--- DATA EXCERPTS Enclosed Below ---

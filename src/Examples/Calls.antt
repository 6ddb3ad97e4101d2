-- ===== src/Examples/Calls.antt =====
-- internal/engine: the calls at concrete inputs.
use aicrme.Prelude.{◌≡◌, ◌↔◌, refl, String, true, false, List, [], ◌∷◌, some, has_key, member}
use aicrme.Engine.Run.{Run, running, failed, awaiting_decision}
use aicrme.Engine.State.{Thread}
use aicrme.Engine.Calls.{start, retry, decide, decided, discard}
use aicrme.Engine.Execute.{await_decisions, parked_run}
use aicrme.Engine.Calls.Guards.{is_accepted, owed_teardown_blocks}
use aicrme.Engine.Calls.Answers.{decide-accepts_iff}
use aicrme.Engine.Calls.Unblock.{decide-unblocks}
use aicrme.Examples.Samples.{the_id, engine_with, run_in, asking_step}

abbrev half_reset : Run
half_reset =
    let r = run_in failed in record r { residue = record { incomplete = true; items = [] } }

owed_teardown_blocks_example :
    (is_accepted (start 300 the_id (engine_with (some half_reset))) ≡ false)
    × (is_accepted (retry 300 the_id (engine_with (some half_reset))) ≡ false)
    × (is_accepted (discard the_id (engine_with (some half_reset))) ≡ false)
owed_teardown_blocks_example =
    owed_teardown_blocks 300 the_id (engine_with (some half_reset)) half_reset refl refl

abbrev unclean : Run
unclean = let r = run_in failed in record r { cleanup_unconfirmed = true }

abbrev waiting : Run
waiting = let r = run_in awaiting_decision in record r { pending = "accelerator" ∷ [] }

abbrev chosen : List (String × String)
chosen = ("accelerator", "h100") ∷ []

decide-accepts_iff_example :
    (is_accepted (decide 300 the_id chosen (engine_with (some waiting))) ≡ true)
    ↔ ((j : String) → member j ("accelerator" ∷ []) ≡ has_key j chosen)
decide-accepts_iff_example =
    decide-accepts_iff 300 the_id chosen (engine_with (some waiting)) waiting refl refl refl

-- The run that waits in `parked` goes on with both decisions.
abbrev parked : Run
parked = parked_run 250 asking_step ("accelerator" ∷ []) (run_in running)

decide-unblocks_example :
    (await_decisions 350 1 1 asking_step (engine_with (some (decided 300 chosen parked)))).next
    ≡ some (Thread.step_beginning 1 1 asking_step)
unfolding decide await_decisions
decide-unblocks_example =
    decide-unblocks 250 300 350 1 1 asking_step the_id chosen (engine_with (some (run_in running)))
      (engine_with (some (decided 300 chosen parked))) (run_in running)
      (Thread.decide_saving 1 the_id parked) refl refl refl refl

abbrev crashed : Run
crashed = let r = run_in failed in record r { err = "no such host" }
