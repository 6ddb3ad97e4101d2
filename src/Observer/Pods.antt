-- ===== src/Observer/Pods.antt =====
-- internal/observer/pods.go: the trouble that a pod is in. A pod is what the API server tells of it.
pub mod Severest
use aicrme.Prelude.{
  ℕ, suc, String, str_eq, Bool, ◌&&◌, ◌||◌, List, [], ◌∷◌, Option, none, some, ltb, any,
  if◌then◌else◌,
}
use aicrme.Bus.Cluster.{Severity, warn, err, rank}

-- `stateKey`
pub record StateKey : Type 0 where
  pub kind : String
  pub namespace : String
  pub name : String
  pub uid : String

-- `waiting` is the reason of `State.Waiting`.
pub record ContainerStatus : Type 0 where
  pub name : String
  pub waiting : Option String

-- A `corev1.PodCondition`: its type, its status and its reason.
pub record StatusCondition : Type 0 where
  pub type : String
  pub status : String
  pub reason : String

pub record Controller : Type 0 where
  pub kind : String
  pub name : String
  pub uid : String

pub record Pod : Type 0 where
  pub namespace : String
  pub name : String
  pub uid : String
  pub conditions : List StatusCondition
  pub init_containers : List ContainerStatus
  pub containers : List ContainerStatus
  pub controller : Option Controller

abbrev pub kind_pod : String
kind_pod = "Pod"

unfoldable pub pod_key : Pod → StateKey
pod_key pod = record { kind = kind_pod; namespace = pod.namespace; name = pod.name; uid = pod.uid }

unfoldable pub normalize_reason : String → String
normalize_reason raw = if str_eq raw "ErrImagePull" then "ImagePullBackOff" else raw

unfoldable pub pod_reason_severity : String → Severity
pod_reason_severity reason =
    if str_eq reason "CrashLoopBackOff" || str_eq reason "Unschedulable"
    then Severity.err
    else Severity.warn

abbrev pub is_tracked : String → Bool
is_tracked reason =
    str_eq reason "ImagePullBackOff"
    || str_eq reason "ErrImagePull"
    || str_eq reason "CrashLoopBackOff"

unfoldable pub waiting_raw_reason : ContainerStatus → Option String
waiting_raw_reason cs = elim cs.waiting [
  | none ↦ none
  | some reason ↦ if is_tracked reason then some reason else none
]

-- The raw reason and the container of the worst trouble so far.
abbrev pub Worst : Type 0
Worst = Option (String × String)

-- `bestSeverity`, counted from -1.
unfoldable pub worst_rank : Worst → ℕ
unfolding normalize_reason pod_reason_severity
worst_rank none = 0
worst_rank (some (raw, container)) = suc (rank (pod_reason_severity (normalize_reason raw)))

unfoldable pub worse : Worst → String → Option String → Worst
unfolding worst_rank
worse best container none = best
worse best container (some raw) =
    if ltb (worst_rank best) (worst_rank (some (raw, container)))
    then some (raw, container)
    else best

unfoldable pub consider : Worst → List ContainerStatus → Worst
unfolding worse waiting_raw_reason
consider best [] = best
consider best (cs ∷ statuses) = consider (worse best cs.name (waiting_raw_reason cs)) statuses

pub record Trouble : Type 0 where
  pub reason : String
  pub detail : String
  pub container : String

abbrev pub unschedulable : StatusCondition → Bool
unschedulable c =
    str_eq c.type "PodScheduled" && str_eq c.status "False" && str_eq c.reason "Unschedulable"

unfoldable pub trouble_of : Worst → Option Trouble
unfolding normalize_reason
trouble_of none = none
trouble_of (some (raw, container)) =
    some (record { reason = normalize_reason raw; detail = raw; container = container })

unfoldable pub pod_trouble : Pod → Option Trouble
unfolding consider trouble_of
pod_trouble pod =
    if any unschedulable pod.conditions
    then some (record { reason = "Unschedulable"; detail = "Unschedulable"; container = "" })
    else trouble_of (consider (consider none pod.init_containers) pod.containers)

--- End of Enclosed DATA EXCERPTS ---
--- DATA EXCERPTS Enclosed Below ---

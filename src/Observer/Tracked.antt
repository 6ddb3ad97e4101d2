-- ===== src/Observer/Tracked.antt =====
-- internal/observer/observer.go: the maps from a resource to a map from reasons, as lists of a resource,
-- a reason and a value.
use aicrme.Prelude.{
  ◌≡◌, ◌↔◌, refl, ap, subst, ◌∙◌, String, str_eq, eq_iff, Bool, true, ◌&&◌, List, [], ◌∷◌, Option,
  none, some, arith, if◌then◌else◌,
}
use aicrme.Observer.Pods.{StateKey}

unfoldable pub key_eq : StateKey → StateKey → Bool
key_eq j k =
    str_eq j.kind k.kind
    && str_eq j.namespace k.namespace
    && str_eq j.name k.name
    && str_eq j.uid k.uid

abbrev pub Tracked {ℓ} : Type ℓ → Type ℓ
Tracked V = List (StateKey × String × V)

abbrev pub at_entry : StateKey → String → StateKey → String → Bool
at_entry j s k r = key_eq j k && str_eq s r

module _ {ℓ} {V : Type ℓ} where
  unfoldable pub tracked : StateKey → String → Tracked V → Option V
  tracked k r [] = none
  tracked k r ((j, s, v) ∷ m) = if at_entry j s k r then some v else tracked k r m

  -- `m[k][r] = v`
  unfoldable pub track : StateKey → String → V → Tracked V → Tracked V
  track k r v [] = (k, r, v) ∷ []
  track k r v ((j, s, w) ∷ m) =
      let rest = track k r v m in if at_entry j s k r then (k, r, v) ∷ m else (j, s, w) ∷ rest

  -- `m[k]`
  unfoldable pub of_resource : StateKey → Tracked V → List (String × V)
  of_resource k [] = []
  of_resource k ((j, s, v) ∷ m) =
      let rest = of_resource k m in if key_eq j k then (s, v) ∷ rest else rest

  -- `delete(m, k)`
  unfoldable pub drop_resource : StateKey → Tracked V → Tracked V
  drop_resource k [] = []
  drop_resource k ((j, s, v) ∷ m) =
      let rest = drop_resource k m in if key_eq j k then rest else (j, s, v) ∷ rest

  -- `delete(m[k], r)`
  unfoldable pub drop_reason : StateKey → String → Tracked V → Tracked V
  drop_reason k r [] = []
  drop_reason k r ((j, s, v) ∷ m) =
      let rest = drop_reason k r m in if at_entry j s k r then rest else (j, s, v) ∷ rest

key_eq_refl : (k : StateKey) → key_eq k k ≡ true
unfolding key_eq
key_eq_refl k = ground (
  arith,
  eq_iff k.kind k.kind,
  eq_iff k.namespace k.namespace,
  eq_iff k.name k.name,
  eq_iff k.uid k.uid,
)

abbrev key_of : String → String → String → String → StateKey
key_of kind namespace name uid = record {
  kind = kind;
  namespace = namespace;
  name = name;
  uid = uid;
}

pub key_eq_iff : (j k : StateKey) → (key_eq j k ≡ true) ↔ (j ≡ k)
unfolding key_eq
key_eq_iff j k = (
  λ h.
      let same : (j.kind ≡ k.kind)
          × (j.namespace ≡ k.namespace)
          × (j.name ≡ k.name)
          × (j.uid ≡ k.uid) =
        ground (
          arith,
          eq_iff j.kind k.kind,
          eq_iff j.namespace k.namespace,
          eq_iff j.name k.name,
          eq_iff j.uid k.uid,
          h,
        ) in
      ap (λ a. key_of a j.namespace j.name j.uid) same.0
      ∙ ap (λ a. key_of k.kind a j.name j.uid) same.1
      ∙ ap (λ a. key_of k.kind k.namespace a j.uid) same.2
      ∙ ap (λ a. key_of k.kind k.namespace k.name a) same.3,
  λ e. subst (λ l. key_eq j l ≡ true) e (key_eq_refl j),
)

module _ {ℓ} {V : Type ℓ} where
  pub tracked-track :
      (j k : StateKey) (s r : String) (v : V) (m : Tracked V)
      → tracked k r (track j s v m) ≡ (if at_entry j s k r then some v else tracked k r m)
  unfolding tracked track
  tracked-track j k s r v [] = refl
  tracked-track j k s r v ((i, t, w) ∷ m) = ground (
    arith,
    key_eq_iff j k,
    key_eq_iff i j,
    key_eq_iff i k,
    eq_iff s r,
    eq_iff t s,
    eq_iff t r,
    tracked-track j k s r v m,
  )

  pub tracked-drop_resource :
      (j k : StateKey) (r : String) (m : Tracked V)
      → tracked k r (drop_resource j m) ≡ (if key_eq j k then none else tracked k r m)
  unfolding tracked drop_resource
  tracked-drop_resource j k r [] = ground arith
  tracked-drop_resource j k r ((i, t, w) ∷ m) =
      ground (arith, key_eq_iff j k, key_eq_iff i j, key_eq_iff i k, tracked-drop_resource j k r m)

--- End of Enclosed DATA EXCERPTS ---
--- DATA EXCERPTS Enclosed Below ---

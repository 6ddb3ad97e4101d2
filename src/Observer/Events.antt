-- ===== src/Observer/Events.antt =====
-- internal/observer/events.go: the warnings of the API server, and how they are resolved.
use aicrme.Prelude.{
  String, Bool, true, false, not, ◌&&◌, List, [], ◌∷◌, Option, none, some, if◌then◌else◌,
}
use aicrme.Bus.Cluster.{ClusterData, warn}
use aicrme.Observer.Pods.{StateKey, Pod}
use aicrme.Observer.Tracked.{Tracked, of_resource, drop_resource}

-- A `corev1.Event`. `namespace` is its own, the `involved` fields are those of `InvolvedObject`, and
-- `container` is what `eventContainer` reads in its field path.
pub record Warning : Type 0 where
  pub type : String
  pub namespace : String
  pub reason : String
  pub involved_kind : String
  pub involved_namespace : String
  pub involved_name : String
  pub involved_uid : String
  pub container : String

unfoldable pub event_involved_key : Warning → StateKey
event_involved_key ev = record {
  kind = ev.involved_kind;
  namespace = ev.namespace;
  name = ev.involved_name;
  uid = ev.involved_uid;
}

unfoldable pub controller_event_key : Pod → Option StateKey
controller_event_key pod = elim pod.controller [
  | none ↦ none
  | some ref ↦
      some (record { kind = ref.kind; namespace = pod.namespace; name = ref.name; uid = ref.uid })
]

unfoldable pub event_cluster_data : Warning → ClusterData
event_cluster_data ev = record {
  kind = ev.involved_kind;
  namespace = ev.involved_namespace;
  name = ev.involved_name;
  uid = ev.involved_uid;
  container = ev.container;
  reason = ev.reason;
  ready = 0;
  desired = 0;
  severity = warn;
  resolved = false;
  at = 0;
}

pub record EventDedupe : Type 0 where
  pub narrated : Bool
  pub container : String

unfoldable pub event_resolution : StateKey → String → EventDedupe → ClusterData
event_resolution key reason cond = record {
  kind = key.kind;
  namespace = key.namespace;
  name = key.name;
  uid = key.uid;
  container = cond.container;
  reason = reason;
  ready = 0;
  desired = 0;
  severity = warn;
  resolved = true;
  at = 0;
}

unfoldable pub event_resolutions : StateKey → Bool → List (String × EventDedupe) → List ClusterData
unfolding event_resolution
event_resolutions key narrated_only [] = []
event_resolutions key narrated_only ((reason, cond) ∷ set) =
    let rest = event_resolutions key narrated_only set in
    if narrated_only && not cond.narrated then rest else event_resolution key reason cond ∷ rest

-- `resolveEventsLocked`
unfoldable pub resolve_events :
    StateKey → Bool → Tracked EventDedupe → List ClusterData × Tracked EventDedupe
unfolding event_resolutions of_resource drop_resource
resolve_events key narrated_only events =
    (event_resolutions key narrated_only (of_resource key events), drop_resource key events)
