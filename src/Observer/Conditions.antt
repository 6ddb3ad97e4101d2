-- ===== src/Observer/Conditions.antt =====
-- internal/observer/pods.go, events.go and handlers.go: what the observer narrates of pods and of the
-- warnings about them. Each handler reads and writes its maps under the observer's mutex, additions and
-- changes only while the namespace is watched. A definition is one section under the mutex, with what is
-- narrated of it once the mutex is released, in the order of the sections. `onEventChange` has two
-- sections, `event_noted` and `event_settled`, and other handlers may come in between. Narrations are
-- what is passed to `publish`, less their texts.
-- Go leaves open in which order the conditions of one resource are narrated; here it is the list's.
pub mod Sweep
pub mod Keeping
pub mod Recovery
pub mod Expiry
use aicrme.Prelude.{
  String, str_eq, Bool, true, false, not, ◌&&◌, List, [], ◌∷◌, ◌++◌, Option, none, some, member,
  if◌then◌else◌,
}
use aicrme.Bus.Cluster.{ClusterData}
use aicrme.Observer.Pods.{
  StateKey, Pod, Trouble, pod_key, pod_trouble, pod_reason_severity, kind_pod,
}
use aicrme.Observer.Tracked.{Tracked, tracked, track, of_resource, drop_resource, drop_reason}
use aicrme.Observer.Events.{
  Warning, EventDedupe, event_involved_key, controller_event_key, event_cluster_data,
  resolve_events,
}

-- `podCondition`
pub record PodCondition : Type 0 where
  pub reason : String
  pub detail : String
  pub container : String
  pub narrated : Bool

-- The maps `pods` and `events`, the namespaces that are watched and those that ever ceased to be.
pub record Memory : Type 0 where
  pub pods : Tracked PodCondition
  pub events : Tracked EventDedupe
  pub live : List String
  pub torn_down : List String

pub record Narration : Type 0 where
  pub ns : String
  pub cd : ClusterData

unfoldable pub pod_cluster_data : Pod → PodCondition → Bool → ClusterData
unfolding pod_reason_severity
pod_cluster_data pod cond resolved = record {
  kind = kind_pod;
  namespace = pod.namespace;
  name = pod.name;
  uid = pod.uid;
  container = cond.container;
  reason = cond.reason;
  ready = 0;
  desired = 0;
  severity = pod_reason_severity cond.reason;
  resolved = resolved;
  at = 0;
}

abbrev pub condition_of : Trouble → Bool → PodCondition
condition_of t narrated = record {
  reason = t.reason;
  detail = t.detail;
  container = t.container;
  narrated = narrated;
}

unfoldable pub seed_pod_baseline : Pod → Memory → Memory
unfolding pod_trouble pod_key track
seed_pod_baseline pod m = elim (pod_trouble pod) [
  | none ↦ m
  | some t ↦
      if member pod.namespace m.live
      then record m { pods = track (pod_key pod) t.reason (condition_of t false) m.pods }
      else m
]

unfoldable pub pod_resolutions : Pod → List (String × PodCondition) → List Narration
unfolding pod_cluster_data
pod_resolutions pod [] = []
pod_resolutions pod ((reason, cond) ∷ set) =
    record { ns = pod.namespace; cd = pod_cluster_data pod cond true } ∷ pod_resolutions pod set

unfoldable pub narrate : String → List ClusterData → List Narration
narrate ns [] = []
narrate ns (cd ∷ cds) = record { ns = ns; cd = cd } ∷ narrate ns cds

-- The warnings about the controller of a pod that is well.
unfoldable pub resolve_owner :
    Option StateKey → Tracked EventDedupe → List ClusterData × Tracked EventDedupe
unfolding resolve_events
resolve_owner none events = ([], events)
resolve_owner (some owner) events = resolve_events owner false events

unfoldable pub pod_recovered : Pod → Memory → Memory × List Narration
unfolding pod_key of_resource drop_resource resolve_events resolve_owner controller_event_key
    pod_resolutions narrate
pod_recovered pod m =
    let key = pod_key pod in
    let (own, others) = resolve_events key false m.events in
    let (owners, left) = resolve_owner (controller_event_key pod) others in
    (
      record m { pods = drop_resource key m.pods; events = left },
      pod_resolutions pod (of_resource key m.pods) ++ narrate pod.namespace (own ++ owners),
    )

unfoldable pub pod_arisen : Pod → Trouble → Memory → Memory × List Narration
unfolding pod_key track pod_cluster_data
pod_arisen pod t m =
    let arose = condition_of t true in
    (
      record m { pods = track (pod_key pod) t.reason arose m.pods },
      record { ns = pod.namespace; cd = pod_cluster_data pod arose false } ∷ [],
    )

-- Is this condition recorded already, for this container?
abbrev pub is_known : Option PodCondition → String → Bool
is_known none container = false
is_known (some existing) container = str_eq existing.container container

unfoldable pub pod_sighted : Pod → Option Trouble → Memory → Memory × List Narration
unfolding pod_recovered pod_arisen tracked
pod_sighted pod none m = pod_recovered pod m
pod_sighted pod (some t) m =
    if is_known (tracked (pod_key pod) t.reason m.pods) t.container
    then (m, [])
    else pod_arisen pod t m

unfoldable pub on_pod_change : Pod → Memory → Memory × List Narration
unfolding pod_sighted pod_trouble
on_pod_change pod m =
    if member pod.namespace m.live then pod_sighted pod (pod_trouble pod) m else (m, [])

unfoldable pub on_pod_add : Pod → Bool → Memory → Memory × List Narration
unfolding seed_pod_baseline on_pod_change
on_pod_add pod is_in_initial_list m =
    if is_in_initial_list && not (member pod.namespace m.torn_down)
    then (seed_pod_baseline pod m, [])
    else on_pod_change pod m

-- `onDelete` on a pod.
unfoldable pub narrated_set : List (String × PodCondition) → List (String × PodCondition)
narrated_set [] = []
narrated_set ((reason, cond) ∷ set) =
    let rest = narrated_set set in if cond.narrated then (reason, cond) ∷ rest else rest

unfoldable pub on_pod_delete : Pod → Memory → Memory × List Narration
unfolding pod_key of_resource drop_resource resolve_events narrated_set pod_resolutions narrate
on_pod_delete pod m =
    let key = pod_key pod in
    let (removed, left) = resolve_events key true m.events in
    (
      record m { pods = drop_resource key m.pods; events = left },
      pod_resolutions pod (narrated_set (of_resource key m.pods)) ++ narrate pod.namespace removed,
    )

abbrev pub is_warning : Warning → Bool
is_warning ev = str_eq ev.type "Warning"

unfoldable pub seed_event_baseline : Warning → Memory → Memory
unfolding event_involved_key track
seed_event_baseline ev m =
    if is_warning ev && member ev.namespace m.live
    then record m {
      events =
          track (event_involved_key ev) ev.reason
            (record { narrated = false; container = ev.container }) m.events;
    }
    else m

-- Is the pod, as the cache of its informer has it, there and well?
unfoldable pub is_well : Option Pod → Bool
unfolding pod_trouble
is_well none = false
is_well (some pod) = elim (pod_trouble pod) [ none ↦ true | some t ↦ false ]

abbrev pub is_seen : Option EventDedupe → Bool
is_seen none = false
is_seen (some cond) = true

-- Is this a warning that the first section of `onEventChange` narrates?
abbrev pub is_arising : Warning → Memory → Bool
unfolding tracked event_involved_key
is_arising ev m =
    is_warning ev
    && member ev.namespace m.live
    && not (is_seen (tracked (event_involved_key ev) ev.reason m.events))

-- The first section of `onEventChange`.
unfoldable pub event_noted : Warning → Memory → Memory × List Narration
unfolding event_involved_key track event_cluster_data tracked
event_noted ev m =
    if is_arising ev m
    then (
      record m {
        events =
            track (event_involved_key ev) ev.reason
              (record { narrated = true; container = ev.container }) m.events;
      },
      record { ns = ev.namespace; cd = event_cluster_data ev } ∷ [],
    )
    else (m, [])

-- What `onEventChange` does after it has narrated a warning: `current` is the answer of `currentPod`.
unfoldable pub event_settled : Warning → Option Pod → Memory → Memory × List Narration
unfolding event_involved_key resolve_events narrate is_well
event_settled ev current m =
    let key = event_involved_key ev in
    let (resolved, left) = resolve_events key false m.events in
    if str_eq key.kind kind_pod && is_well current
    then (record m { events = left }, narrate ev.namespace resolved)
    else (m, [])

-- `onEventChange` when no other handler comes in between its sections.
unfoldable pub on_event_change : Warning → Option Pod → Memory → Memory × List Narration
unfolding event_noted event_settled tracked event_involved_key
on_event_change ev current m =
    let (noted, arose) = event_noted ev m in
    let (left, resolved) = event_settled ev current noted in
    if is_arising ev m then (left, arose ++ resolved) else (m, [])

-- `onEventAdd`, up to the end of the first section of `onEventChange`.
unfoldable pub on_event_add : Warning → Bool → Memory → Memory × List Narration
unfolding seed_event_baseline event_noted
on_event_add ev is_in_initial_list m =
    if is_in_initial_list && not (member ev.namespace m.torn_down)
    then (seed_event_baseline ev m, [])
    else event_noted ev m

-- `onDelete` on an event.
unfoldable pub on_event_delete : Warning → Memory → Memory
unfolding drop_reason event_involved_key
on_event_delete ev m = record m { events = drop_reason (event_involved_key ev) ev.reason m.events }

--- End of Enclosed DATA EXCERPTS ---

• **AIM OF THE EXERCISE**: Extract from the records above the lines from the one containing "kind = key.kind;" to the one containing "-- changes only", both lines included, exactly as they appear and with nothing else.

• **ANSWER SECTION**:
  kind = key.kind;
  namespace = key.namespace;
  name = key.name;
  uid = key.uid;
  container = cond.container;
  reason = reason;
  ready = 0;
  desired = 0;
  severity = warn;
  resolved = true;
  at = 0;
}

unfoldable pub event_resolutions : StateKey → Bool → List (String × EventDedupe) → List ClusterData
unfolding event_resolution
event_resolutions key narrated_only [] = []
event_resolutions key narrated_only ((reason, cond) ∷ set) =
    let rest = event_resolutions key narrated_only set in
    if narrated_only && not cond.narrated then rest else event_resolution key reason cond ∷ rest

-- `resolveEventsLocked`
unfoldable pub resolve_events :
    StateKey → Bool → Tracked EventDedupe → List ClusterData × Tracked EventDedupe
unfolding event_resolutions of_resource drop_resource
resolve_events key narrated_only events =
    (event_resolutions key narrated_only (of_resource key events), drop_resource key events)
filename src/Observer/Conditions.antt
repository 6ddb3ad97e4101d2
-- ===== src/Observer/Conditions.antt =====
-- internal/observer/pods.go, events.go and handlers.go: what the observer narrates of pods and of the
-- warnings about them. Each handler reads and writes its maps under the observer's mutex, additions and
-- changes only while the namespace is watched. A definition is one section under the mutex, with what is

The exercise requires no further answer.